14. The printing control method according to claim 13, wherein the print range of the first correction pattern is a range having a radius equal to or longer than a total length of the alignment adjustment range of the first head and the alignment adjustment range of the second head.

15. The printing control method according to claim 10, wherein the print target surface when the first correction pattern and the second correction pattern are printed is a surface of adjustment paper.

16. The printing control method according to claim 10, wherein the second head performs printing using the second color that is equal or similar to the surface color of the print target surface.

17. The printing control method according to claim 10, wherein the plurality of heads include a design head that prints a design and an undercoating head that prints a part other than the design.

18. The printing control method according to claim 17, wherein

the first head is the undercoating head,

the second head is the design head, and

the print target surface is a surface of a nail.

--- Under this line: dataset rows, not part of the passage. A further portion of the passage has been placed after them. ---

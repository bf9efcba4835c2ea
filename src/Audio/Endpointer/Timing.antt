-- ===== src/Audio/Endpointer/Timing.antt =====
-- How long the endpointer waits: the counters in each state, and that a hangover ends.
use lclva.Prelude.{
  ℕ, subst, sym, ap, ◌∙◌, ◌⊎◌, inl, inr, ◌+◌, ◌≤◌, ◌<◌, ◌≡◌, refl, List, [], ◌∷◌, Bool, true, false,
  ◌||◌, arith, All,
}
use lclva.Float.{Float}
use lclva.Audio.Endpointer.{
  onset, speaking, endpoint, FrameOutcome, speech_ended, EndpointerConfig, Endpointer, Op, frame,
  force, above_onset, endpointer, reset, on_frame, step, run,
}
use lclva.Audio.Endpointer.Outcomes.{in_speech}

-- The counters between two calls: an open utterance has lasted for the minimum, quiet time is
-- counted only in a hangover, and a hangover that still waits has not run out.
module _ {fl : Float} where
  pub record IsValid (e : Endpointer fl) : Type 0 where
    pub matured : in_speech e.state ≡ true → e.min_speech_ms ≤ e.speech_dur
    pub no_quiet : e.state ≡ speaking → e.quiet_dur ≡ 0
    pub onset_no_quiet : e.state ≡ onset → e.quiet_dur ≡ 0
    pub hanging : e.state ≡ endpoint → e.quiet_dur < e.hangover_ms

-- Frames shorter than the hangover.
abbrev pub IsShort : {fl : Float} → ℕ → Op fl → Type 0
IsShort h (frame p d t) = d < h
IsShort h (force now) = Unit

module _ {fl : Float} where
  endpointer-IsValid : (c : EndpointerConfig fl) (rate : ℕ) → IsValid (endpointer c rate)
  unfolding endpointer
  endpointer-IsValid c rate = ground arith

  reset-IsValid : (e : Endpointer fl) → IsValid (reset e)
  unfolding reset
  reset-IsValid e = ground arith

  pub step-IsValid :
      (e : Endpointer fl) (op : Op fl)
      → IsShort e.hangover_ms op
      → IsValid e
      → IsValid (step e op).0
  unfolding step
  step-IsValid e (frame p d t) h v = ground arith
  step-IsValid e (force now) h v = ground arith

  cfg-step : (e : Endpointer fl) (op : Op fl) → (step e op).0.cfg ≡ e.cfg
  unfolding step
  cfg-step e (frame p d t) = ground arith
  cfg-step e (force now) = ground arith

  -- From a valid state, frames shorter than the hangover and forced endpoints keep the counters
  -- valid, and the configuration never changes.
  pub run-IsValid :
      (e : Endpointer fl) (ops : List (Op fl))
      → All (IsShort e.hangover_ms) ops
      → IsValid e
      → IsValid (run e ops).0 × ((run e ops).0.cfg ≡ e.cfg)
  unfolding run
  run-IsValid e [] h v = (v, refl)
  run-IsValid e (op ∷ ops) h v =
      let c = cfg-step e op in
      let rest =
        run-IsValid (step e op).0 ops
          (subst (λ (k : EndpointerConfig fl). All (IsShort k.hangover_ms) ops) (sym c) h.1)
          (step-IsValid e op h.0 v) in
      (rest.0, rest.1 ∙ c)

-- A frame below the onset threshold.
abbrev pub IsBelow : {fl : Float} → EndpointerConfig fl → Op fl → Type 0
IsBelow {fl} c (frame p d t) = fl.ge p c.onset_threshold ≡ false
IsBelow c (force now) = ⊥

abbrev pub duration : {fl : Float} → Op fl → ℕ
duration (frame p d t) = d
duration (force now) = 0

abbrev pub total : {fl : Float} → List (Op fl) → ℕ
total [] = 0
total (op ∷ ops) = duration op + total ops

abbrev pub ended : FrameOutcome → Bool
ended speech_ended = true
ended _ = false

-- The utterance was closed somewhere in a list of outcomes.
abbrev pub ends : List FrameOutcome → Bool
ends [] = false
ends (o ∷ os) = ended o || ends os

or_true : (a : Bool) {b : Bool} → b ≡ true → (a || b) ≡ true
or_true a h = ground arith

module _ {fl : Float} where
  -- One more frame of a hangover: it ends the utterance or goes on counting.
  hang_cases :
      (e : Endpointer fl) (p : fl.F) (d t : ℕ)
      → e.state ≡ endpoint
      → above_onset e p ≡ false
      → let r = on_frame e p d t in
        (r.1 ≡ speech_ended)
        ⊎ ((r.0.state ≡ endpoint)
            × (r.0.quiet_dur ≡ e.quiet_dur + d)
            × (r.0.quiet_dur < e.hangover_ms)
            × (r.0.cfg ≡ e.cfg))
  unfolding on_frame
  hang_cases e p d t s a = ground arith

  -- Once in the hangover, frames below the onset threshold whose durations add up to what is left
  -- of it close the utterance, whichever of the two lower bands they fall in.
  pub hangover_ends :
      (e : Endpointer fl) (op : Op fl) (ops : List (Op fl))
      → e.state ≡ endpoint
      → All (IsBelow e.cfg) (op ∷ ops)
      → e.hangover_ms ≤ e.quiet_dur + total (op ∷ ops)
      → ends (run e (op ∷ ops)).1 ≡ true
  unfolding run step
  hangover_ends e (force now) ops s b h = absurd b.0
  hangover_ends e (frame p d t) [] s b h = elim (hang_cases e p d t s b.0) [
    | inl o ↦ rw o
    | inr k ↦ absurd (omega arith)
  ]
  hangover_ends e (frame p d t) (op' ∷ ops) s b h = elim (hang_cases e p d t s b.0) [
    | inl o ↦ rw o
    | inr k ↦
        let rest =
          hangover_ends (on_frame e p d t).0 op' ops k.0
            (subst (λ (c : EndpointerConfig fl). All (λ (o : Op fl). IsBelow c o) (op' ∷ ops))
              (sym k.3) b.1)
            (omega (arith, ap (λ (c : EndpointerConfig fl). c.hangover_ms) k.3)) in
        or_true _ rest
  ]
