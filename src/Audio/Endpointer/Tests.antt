-- ===== src/Audio/Endpointer/Tests.antt =====
-- Runs of the endpointer on concrete frames.
use lclva.Prelude.{◌≡◌, refl, List, [], ◌∷◌, true, arith}
use lclva.Float.{hundredths}
use lclva.Audio.Endpointer.{
  quiet, endpoint, nothing, speech_started, false_start, speech_ended, EndpointerConfig, Endpointer,
  Op, frame, on_frame, step, run,
}
use lclva.Audio.Endpointer.Outcomes.{Alternates, run-Alternates, on_frame_outcomes}
use lclva.Audio.Endpointer.Timing.{IsValid, run-IsValid, ends, hangover_ends}

abbrev defaults : EndpointerConfig hundredths
defaults = record {
  onset_threshold = 50;
  offset_threshold = 35;
  min_speech_ms = 200;
  hangover_ms = 600;
  pre_padding_ms = 300;
  post_padding_ms = 100;
}

abbrev fresh : Endpointer hundredths
fresh = record {
  cfg = defaults;
  sample_rate = 16000;
  state = quiet;
  speech_dur = 0;
  quiet_dur = 0;
  started_at = 0;
  ended_at = 0;
}

abbrev talk : List (Op hundredths)
talk =
    frame 80 100 1
    ∷ frame 80 100 2
    ∷ frame 40 100 3
    ∷ frame 10 300 4
    ∷ frame 40 300 5
    ∷ frame 60 100 6
    ∷ frame 10 100 7
    ∷ []

talk_outcomes :
    (run fresh talk).1
    ≡ nothing ∷ speech_started ∷ nothing ∷ nothing ∷ speech_ended ∷ nothing ∷ false_start ∷ []
unfolding run step
talk_outcomes = refl

abbrev trailing : Endpointer hundredths
trailing = record fresh { state = endpoint; speech_dur = 900; quiet_dur = 100; ended_at = 7 }

run-Alternates_example : Alternates true (run trailing talk).1
run-Alternates_example = run-Alternates trailing talk

outcomes_of_talk : (on_frame trailing 20 500 9).1 ≡ speech_ended
outcomes_of_talk = (on_frame_outcomes trailing 20 500 9).2.1 (refl, refl, omega arith)

talk-IsValid : IsValid (run trailing talk).0 × ((run trailing talk).0.cfg ≡ defaults)
talk-IsValid = run-IsValid trailing talk (omega arith) (ground arith)

hangover_ends_example : ends (run trailing (frame 40 300 8 ∷ frame 10 200 9 ∷ [])).1 ≡ true
hangover_ends_example =
    hangover_ends trailing (frame 40 300 8) (frame 10 200 9 ∷ []) refl (refl, (refl, tt))
      (omega arith)
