-- ===== src/Playback/Engine/Tests.antt =====
-- A queue with one short sentence, without a prefill target.
use lclva.Prelude.{ℕ, ◌≡◌, refl, List, [], ◌∷◌, Option, none, some, true, arith}
use lclva.Event.Types.{TurnId}
use lclva.Playback.Queue.{PlaybackQueue, dequeue_active}
use lclva.Playback.Engine.{
  PlaybackEngine, playback_engine, waits, render_into, render_loop, round, next_chunk, on_dequeued,
  copy, finish_chunk, maybe_close_barge_in_timer, silence,
}
use lclva.Playback.Engine.Fill.{Filled, render_into_fills}

abbrev sentence : PlaybackQueue
sentence = record {
  q = record { turn = 7; seq = 0; samples = 5 ∷ 6 ∷ 7 ∷ []; end_of_sentence = true } ∷ [];
  cap = 8;
  drops = 0;
  enqueued = 1;
  dequeued = 0;
}

abbrev turn_7 : ℕ → TurnId
turn_7 n = 7

abbrev eager : PlaybackEngine
eager = playback_engine 0 1000 sentence

abbrev out_of : Option PlaybackEngine → List ℕ
out_of none = []
out_of (some e) = e.out

played : out_of (render_into 9 0 5 turn_7 eager) ≡ 5 ∷ 6 ∷ 7 ∷ 0 ∷ 0 ∷ []
unfolding render_into render_loop round next_chunk on_dequeued copy finish_chunk waits
    maybe_close_barge_in_timer silence playback_engine dequeue_active
played = refl

render_into_fills_example : Filled 5 (render_into 4 0 5 turn_7 eager)
unfolding playback_engine
render_into_fills_example = render_into_fills 4 0 5 turn_7 eager (omega arith)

19. A non-transitory computer-readable recording medium a program stored thereon, which, when executed on at least one processor a computer of a printing apparatus which includes a plurality of heads including at least a first head and a second head for alignment correction configured to print mutually different colors on print target surface, causes the computer to:

operate the first head, configured to print a first color distinguishable from a surface color of the print target surface, to print a first correction pattern on the print target surface; and

operate the second head, configured to print a second color distinguishable from the first color, to print a second correction pattern such that at least a part of the second correction pattern overlaps a first color area which is an area formed by the first head on the print target surface.